── Supplied records

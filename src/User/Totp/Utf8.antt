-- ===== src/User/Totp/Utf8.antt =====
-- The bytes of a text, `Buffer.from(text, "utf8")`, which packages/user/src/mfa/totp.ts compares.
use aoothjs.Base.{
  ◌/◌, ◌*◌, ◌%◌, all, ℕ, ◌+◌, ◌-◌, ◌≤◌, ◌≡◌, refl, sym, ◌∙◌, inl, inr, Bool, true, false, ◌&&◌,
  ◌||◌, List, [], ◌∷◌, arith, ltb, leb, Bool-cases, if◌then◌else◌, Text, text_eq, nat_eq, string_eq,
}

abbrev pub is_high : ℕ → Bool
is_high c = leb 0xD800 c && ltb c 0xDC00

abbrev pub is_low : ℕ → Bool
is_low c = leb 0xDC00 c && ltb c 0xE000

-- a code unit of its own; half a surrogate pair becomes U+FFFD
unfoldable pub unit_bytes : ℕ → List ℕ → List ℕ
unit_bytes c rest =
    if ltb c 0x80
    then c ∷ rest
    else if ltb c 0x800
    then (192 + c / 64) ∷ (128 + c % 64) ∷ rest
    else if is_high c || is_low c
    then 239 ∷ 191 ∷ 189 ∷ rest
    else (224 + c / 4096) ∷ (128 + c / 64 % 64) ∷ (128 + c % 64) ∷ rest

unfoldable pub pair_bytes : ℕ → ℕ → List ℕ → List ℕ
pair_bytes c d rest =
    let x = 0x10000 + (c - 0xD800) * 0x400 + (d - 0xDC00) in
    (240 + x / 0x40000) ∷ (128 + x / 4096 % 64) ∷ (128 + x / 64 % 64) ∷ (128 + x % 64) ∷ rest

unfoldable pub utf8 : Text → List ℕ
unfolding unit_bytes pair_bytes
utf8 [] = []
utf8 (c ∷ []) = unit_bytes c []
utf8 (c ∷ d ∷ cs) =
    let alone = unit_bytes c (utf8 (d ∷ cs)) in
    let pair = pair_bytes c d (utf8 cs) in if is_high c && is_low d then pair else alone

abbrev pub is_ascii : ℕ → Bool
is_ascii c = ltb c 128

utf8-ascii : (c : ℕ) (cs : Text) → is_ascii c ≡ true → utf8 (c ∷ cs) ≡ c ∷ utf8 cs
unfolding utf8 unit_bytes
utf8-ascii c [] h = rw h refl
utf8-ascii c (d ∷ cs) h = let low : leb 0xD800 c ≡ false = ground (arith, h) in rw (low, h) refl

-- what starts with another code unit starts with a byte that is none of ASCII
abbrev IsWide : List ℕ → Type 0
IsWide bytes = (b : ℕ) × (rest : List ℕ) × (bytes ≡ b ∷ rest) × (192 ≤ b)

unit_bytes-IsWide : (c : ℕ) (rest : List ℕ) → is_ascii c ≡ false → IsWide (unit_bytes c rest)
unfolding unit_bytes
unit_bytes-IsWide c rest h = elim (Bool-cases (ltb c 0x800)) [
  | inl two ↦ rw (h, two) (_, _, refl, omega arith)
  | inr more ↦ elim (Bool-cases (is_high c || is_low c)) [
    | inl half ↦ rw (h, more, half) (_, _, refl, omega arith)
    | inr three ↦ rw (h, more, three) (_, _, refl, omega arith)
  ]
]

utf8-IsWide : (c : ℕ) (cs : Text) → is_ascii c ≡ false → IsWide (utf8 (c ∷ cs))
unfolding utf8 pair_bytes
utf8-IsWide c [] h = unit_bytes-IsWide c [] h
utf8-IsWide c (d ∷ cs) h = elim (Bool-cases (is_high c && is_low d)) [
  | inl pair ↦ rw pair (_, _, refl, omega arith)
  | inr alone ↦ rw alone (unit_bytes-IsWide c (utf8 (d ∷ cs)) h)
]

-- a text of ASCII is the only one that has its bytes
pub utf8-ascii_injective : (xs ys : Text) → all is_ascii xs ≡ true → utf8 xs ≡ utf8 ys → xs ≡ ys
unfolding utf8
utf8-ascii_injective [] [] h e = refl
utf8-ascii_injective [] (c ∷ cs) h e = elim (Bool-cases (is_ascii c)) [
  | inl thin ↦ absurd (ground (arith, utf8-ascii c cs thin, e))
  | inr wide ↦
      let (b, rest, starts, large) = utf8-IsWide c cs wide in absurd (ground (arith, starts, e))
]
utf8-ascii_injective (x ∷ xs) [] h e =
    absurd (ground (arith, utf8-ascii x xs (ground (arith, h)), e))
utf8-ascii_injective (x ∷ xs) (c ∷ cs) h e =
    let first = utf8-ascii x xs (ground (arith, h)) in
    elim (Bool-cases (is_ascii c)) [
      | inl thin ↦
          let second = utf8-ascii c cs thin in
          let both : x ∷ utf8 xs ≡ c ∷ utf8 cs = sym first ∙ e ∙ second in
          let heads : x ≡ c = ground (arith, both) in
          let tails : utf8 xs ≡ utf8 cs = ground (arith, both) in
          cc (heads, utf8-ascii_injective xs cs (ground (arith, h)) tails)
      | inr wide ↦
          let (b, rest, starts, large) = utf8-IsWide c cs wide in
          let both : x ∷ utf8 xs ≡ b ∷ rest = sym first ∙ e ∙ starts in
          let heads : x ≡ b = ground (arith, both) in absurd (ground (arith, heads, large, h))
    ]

────

§ Task objective
Tell how many lines in the material above have the string "alone", using only the number.

§ Task solution
3